No statistically significant difference seen between the groups before and after the intervention showed that the baseline characteristics were comparable in pre- and post-treatment phases. Statistically significant difference in TMJ clicking or noise at 10-week visit and in TMJ tenderness on palpation at 2-week visit could be due to patients responding differently to a given type of splint therapy which will help in proving which type of splint is better.
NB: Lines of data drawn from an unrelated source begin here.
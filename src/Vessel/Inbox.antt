-- ===== src/Vessel/Inbox.antt =====
-- vessel/store/inbox.go, invalidation.go and remarks.go, and the commands in vessel/httpapi/sync.go:
-- what the vessel does with what it pulled. The times of receipt are left out.
pub mod Apply
pub mod Lost
use ovl.Base.{
  ℕ, String, Bool, true, false, not, ◌&&◌, ◌||◌, Option, none, some, List, [], ◌∷◌, ◌++◌, any, map,
  ◌==◌, ltb, str_eq, if◌then◌else◌,
}
use ovl.Base.Faults.{Budget, spend}
use ovl.Domain.State.{is_invalidated_state}
use ovl.Domain.Event.{Event}
use ovl.Domain.Report.{Report}
use ovl.Domain.Lifecycle.{LifecycleError, mark_remarked, invalidate}
use ovl.Domain.Message.{ChatMessage, Remark, InvalidationNotice}
use ovl.Office.Inbox.Answer.{Cursors}
use ovl.Vessel.Handlers.{strings_equal, already_recorded}
use ovl.Vessel.Store.{VesselDb, get_latest_version, save_report, append_event, insert_chat_message}

-- `PulledSchemaVersion` and `PulledConfigBundle`
pub record PulledSchemaVersion : Type 0 where
  pub schema_name : String
  pub version : String
  pub content : String
  pub published_at : ℕ

pub record PulledConfigBundle : Type 0 where
  pub bundle_id : String
  pub version_no : ℕ
  pub content : String
  pub published_at : ℕ

-- The vessel's tables, with those of the inbox.
pub record InboxTables (F : Type 0) : Type 0 where
  pub db : VesselDb F
  pub cursors : Cursors
  pub schema_versions : List PulledSchemaVersion
  pub config_bundles : List PulledConfigBundle
  pub notices : List InvalidationNotice
  pub remarks : List Remark

-- What one pull brought, with the cursors to store.
pub record Pulled : Type 0 where
  pub schema_versions : List PulledSchemaVersion
  pub config_bundles : List PulledConfigBundle
  pub chat_messages : List ChatMessage
  pub notices : List InvalidationNotice
  pub remarks : List Remark
  pub next : Cursors

-- ON CONFLICT DO NOTHING
unfoldable pub insert_schema_versions :
    List PulledSchemaVersion → List PulledSchemaVersion → List PulledSchemaVersion
insert_schema_versions [] table = table
insert_schema_versions (v ∷ vs) table = insert_schema_versions vs (
    if any
      (λ (row : PulledSchemaVersion).
        str_eq row.schema_name v.schema_name && str_eq row.version v.version)
      table
    then table
    else table ++ v ∷ [])

-- `ApplyConfigBundle`, one row of the loop over the bundles too.
unfoldable pub apply_config_bundle :
    PulledConfigBundle → List PulledConfigBundle → List PulledConfigBundle
apply_config_bundle b table =
    if any (λ (row : PulledConfigBundle). str_eq row.bundle_id b.bundle_id) table
    then table
    else table ++ b ∷ []

unfoldable pub insert_config_bundles :
    List PulledConfigBundle → List PulledConfigBundle → List PulledConfigBundle
unfolding apply_config_bundle
insert_config_bundles [] table = table
insert_config_bundles (b ∷ bs) table = insert_config_bundles bs (apply_config_bundle b table)

abbrev pub higher : PulledConfigBundle → Option PulledConfigBundle → PulledConfigBundle
higher b none = b
higher b (some best) = if ltb b.version_no best.version_no then best else b

-- `LatestConfigBundle`
unfoldable pub latest_config_bundle : List PulledConfigBundle → Option PulledConfigBundle
latest_config_bundle [] = none
latest_config_bundle (b ∷ bs) = some (higher b (latest_config_bundle bs))

-- `latestInvalidationNotice`; rows are in the order of their ids.
unfoldable pub latest_invalidation_notice :
    String → ℕ → List InvalidationNotice → Option InvalidationNotice → Option InvalidationNotice
latest_invalidation_notice report_id version_no [] found = found
latest_invalidation_notice report_id version_no (n ∷ ns) found =
    latest_invalidation_notice report_id version_no ns
      (if str_eq n.report_id report_id && (n.version_no == version_no) then some n else found)

abbrev pub has_rules : List String → Option InvalidationNotice → Bool
has_rules rules none = false
has_rules rules (some n) = strings_equal n.broken_rules rules

module _ {F : Type 0} where
  unfoldable pub insert_chat_messages : List ChatMessage → VesselDb F → VesselDb F
  insert_chat_messages [] db = db
  insert_chat_messages (m ∷ ms) db = insert_chat_messages ms (insert_chat_message db m)

  -- The transaction of `ApplyInboxPull`, with the cursors.
  unfoldable pub commit_pull : Pulled → InboxTables F → InboxTables F
  commit_pull pulled t = record t {
    db = insert_chat_messages pulled.chat_messages t.db;
    cursors = pulled.next;
    schema_versions = insert_schema_versions pulled.schema_versions t.schema_versions;
    config_bundles = insert_config_bundles pulled.config_bundles t.config_bundles;
  }

  -- `InsertInvalidationNotice`
  unfoldable pub insert_invalidation_notice :
      InvalidationNotice → InboxTables F → Budget → InboxTables F × Option Budget
  insert_invalidation_notice n t budget = elim (spend budget) [
    | none ↦ (t, none)
    | some b ↦
        if has_rules n.broken_rules
          (latest_invalidation_notice n.report_id n.version_no t.notices none)
        then (t, some b)
        else elim (spend b) [
          | none ↦ (t, none)
          | some b' ↦ (record t { notices = t.notices ++ n ∷ [] }, some b')
        ]
  ]

  -- Saving a report and appending its event: two statements.
  unfoldable pub persist :
      Report F → Event F → InboxTables F → Budget → InboxTables F × Option Budget
  persist r e t budget = elim (spend budget) [
    | none ↦ (t, none)
    | some b ↦ elim (spend b) [
      | none ↦ (record t { db = save_report t.db r }, none)
      | some b' ↦ (record t { db = (append_event (save_report t.db r) e).0 }, some b')
    ]
  ]

  invalidate_latest :
      InvalidationNotice
      → Option (Report F)
      → InboxTables F
      → Budget
      → InboxTables F × Option Budget
  invalidate_latest n none t budget = (t, some budget)
  invalidate_latest n (some r) t budget =
      if already_recorded r n.broken_rules
      then (t, some budget)
      else persist (invalidate r n.broken_rules n.computed_at).0
          (invalidate r n.broken_rules n.computed_at).1 t budget

  -- `applyInvalidationNotice`
  unfoldable pub apply_invalidation_notice :
      InvalidationNotice → InboxTables F → Budget → InboxTables F × Option Budget
  unfolding invalidate_latest
  apply_invalidation_notice n t budget = elim (spend budget) [
    | none ↦ (t, none)
    | some b ↦ invalidate_latest n (get_latest_version t.db n.report_id) t b
  ]

  -- The loop over the notices, up to the first error.
  unfoldable pub apply_notices :
      List InvalidationNotice → InboxTables F → Budget → InboxTables F × Option Budget
  apply_notices [] t budget = (t, some budget)
  apply_notices (n ∷ ns) t budget =
      let stored = insert_invalidation_notice n t budget in
      elim stored.1 [
        | none ↦ (stored.0, none)
        | some b ↦
            let applied = apply_invalidation_notice n stored.0 b in
            elim applied.1 [ none ↦ (applied.0, none) | some b' ↦ apply_notices ns applied.0 b' ]
      ]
According to Stiesch-Scholz et al. (active jaw opening increased by a mean of 8.05 mm in stabilization splint therapy group patients versus 8.26 mm in pivot splint group), success of therapy was found independent of splint design and no significant difference was seen between two splint therapy groups they used in anterior disc displacement without reduction patients. In the current study, change in MMO was 4.4 mm for ARA, 5.3 mm for CSS, and 3.7 mm for SS splint therapy group. Other possible reason for no significant difference between groups could be small sample size. Efficacy may also be affected by psychological effects such as an increase in the cognitive awareness for oral habits, a placebo effect, and spontaneous remission of symptoms.
Comfortable mouth opening
The CSS group patients showed earliest and consistent significant improvement, whereas SS group showed delayed improvement only after 6 weeks. Sato et al. found that CSS group was 13% more successful than the natural course control group, and Minakuchi et al. also found surmountable improvement of mouth opening in CSS group. A study by Suvinen and Reade showed 7.4 mm betterment in mouth opening after therapy. Splint therapy in the present study similarly would have led to decreased TMJ pain and tenderness, thus increasing mouth opening.
Maximum mouth opening
The ARA group patients showed a significant improvement at the earliest within 1 week. CSS group patients started showing a significant improvement from 2 to 6 weeks and continued to show improvement till 10th week, whereas SS group showed delayed significant improvement only after 6 weeks. A study using SS by Elhayes and Hassanien showed decreased TMJ and muscular pain and tenderness, apparently allowing an increase in MMO. Block et al. also showed complete or almost complete abatement of symptoms in 74% patients after 6 weeks of SS therapy.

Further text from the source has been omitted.